Concentration-dependent induction of DNA synthesis by PGE2 in CRC cell lines. A HT-29, Caco-2, Lovo and SW480 cells were seeded in 24-well plates, deprived of serum overnight and challenged with 10% FCS or the indicated doses of PGE2 for further 3 days. Proliferation was scored by [³H]-thymidine incorporation into cellular DNA. Data are mean ± S.E.M. of counts per minute (normalized values to average of control) of tetraplicates of three independent experiments. B Time response of PGE2-induced DNA synthesis. Serum-starved cells were exposed to 10 nM PGE2 for various days and [³H]-thymidine incorporation was monitored and plotted as in A. A more prolonged time response is shown for HT-29 cells in the right panel.

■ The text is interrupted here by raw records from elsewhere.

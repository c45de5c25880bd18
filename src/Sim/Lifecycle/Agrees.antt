-- ===== src/Sim/Lifecycle/Agrees.antt =====
-- The decode part of puls-engine/sim/lifecycle.cpp beside `NodeScheduler::advance_round` of
-- puls-engine/core/node_scheduler.cpp, which its comments name as the original.
use mathlib.Core.List.{map-append}
use puls_rfc.Prelude.{
  ℕ, ◌+◌, ◌*◌, ◌≡◌, refl, inl, inr, Bool, none, some, List, [], ◌∷◌, ◌++◌, map, ℤ, pos, leb, arith,
  length, ap, sym, ◌∙◌, length-map, Bool-cases, Option-cases,
}
use puls_rfc.Double.{Double}
use puls_rfc.OperatingPoint.{OperatingPoint}
use puls_rfc.RequestSource.{RequestSource, PulledRequest}
use puls_rfc.Node.{
  NodeDecoder, NodeScheduler, admitted, round_marks, advance_round, pull_into, to_decoder,
  node_cap_room,
}
use puls_rfc.Node
use puls_rfc.Sim.Lifecycle.Decode.{
  SimDecoder, to_steering, Tally, finish, advance, retire, Filling, new_decoder,
  compose_decode_batch, decode_batches, admit_hole, heal, absorb, decode_round,
}

abbrev pub as_node : SimDecoder → NodeDecoder
as_node q = record { prompt = q.prompt; dtot = q.dtot; dec = q.dec; wait = q.wait }

abbrev pub as_scheduler : {S : Type 0} → Filling S → NodeScheduler S
as_scheduler f = record { source = f.source; pool = map as_node f.pool }

map-to_decoder : (qs : List SimDecoder) → map to_decoder (map as_node qs) ≡ map to_steering qs
map-to_decoder [] = refl
map-to_decoder (q ∷ qs) = ap (◌∷◌ (to_steering q)) (map-to_decoder qs)

advance-as_node :
    (us : List Bool) (qs : List SimDecoder)
    → map as_node (advance us qs) ≡ Node.advance us (map as_node qs)
unfolding advance Node.advance
advance-as_node [] qs = refl
advance-as_node (u ∷ us) [] = refl
advance-as_node (u ∷ us) (q ∷ qs) = elim (Bool-cases u) [
  | inl on ↦ rw (on, advance-as_node us qs) refl
  | inr off ↦ rw (off, advance-as_node us qs) refl
]

retire-as_node :
    (qs : List SimDecoder) (t : Tally)
    → (let (holes, keep, t') = retire qs t in
        let (holes', keep') = Node.retire (map as_node qs) in
        (holes ≡ holes')
        × (map as_node keep ≡ keep')
        × (t'.completions ≡ t.completions + length holes))
unfolding retire Node.retire
retire-as_node [] t = (refl, refl, omega arith)
retire-as_node (q ∷ qs) t = elim (Bool-cases (leb q.dtot q.dec)) [
  | inl done ↦
      let (holes, keep, n) = retire-as_node qs (finish q t) in
      rw (done, retire, Node.retire) (ap (◌∷◌ q.prompt) holes, keep, omega (arith, n))
  | inr more ↦
      let (holes, keep, n) = retire-as_node qs t in
      rw (more, retire, Node.retire) (holes, ap (◌∷◌ (as_node q)) keep, n)
]

module _ {W : Type 0} ⦃d : Double W⦄ (op : OperatingPoint W) where
  marks-as_node :
      (qs : List SimDecoder) → (decode_batches op qs).2 ≡ round_marks op (map as_node qs)
  unfolding decode_batches compose_decode_batch round_marks Node.compose_decode_batch
  marks-as_node qs = elim (Bool-cases (leb (2 * op.decode_count_target) (length qs))) [
    | inl two ↦ rw (map-to_decoder qs, length-map as_node qs, two) refl
    | inr one ↦ rw (map-to_decoder qs, length-map as_node qs, one) refl
  ]

  module _ {S : Type 0} (src : RequestSource W S) where
    -- A source that has nothing for a hole has nothing for the next ones either.
    abbrev pub StaysDry : Type 0
    StaysDry =
        (room : ℤ) (ideal ideal' : W) (s : S)
        → (src.pull_near ideal room s).0 ≡ none
        → src.pull_near ideal' room (src.pull_near ideal room s).1
          ≡ (none, (src.pull_near ideal room s).1)

    heal-dry :
        (holes : List ℕ) (n : NodeScheduler S)
        → ((ideal : W) → src.pull_near ideal (node_cap_room op) n.source ≡ (none, n.source))
        → Node.heal op src holes n ≡ n
    unfolding Node.heal pull_into
    heal-dry [] n dry = refl
    heal-dry (hole ∷ holes) n dry = rw (dry (d.of_int (pos hole))) (heal-dry holes n dry)

    abbrev pub unready : List SimDecoder → S → Tally → Filling S
    unready pool s t = record { pool = pool; ready = []; source = s; tally = t }

    admit_hole-none :
        (hole : ℕ) (pool : List SimDecoder) (s : S)
        → (let r = src.pull_near (d.of_int (pos hole)) (node_cap_room op) s in
            r.0 ≡ none → admit_hole op src hole pool s ≡ (none, pool, r.1))
    unfolding admit_hole node_cap_room
    admit_hole-none hole pool s e = rw (e, admit_hole) refl

    admit_hole-some :
        (hole : ℕ) (pool : List SimDecoder) (s : S) (q : PulledRequest)
        → (let r = src.pull_near (d.of_int (pos hole)) (node_cap_room op) s in
            r.0 ≡ some q
            → admit_hole op src hole pool s
              ≡ (some q.prompt, pool ++ new_decoder q.prompt q.dtot ∷ [], r.1))
    unfolding admit_hole node_cap_room
    admit_hole-some hole pool s q e = rw (e, admit_hole) refl

    heal-as_node :
        (holes : List ℕ) (pool : List SimDecoder) (s : S) (t : Tally)
        → StaysDry
        → (let f = heal op src holes (unready pool s t) in
            (as_scheduler f ≡ Node.heal op src holes (as_scheduler (unready pool s t)))
            × (f.ready ≡ [])
            × (f.tally.completions ≡ t.completions))
    unfolding heal Node.heal pull_into
    heal-as_node [] pool s t stays = (refl, refl, refl)
    heal-as_node (hole ∷ holes) pool s t stays =
        let ideal = d.of_int (pos hole) in
        let r = src.pull_near ideal (node_cap_room op) s in
        elim (Option-cases r.0) [
          | inl e ↦
              rw (admit_hole-none hole pool s e, e, heal, Node.heal, admit_hole-none hole pool s e)
                (
                  sym (
                      heal-dry holes (as_scheduler (unready pool r.1 t))
                        (λ ideal'. stays (node_cap_room op) ideal ideal' s e)),
                  refl,
                  refl,
                )
          | inr (q, e) ↦
              rw
                (
                  admit_hole-some hole pool s q e,
                  e,
                  heal,
                  Node.heal,
                  admit_hole-some hole pool s q e,
                  sym (map-append as_node pool (new_decoder q.prompt q.dtot ∷ [])),
                )
                (heal-as_node holes (pool ++ new_decoder q.prompt q.dtot ∷ []) r.1 _ stays)
        ]

    -- With no prefill finished, and a source that once dry stays dry, the decode part of a round of the
    -- lifecycle simulator does to the pool and the source what `advance_round` does, and counts as
    -- completed what that returns.
    pub decode_round-advance_round :
        (pool : List SimDecoder) (s : S) (t : Tally)
        → StaysDry
        → (let f = decode_round op src (decode_batches op pool).2 (unready pool s t) in
            let (done, n) = advance_round op src (as_scheduler (unready pool s t)) in
            (as_scheduler f ≡ n) × (f.ready ≡ []) × (f.tally.completions ≡ t.completions + done))
    unfolding decode_round advance_round absorb
    decode_round-advance_round pool s t stays =
        let used = (decode_batches op pool).2 in
        let (holes, keep, n) = retire-as_node (advance used pool) t in
        let r = retire (advance used pool) t in
        let (same, empty, kept) = heal-as_node r.0 r.1 s r.2 stays in
        rw (empty, sym (marks-as_node pool), sym (advance-as_node used pool), sym holes, sym keep)
          (same, empty, kept ∙ n)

Two further experiments yielded similar results. C PGE2-dependent cell proliferation scored by automatic cell counting. Serum-starved HT-29 cells were challenged with varying doses of PGE2 for 7 days and subjected to automatic cell counting as described in the experimental section. Data are mean ± S.E.M. of cells/well of 4 experiments with triplicate measurements. D COX-2 inhibition does not affect PGE2 induced cell proliferation. Serum-starved HT-29 cells were challenged with 10 nM PGE2 or 10% FCS alone or in combination with 10 μM NS398. 4 days later DNA synthesis was assessed as before. Two-sample comparisons (all vs. control) were performed with Student's t test. P values ***P < 0,001, **P < 0,01, *P < 0,05.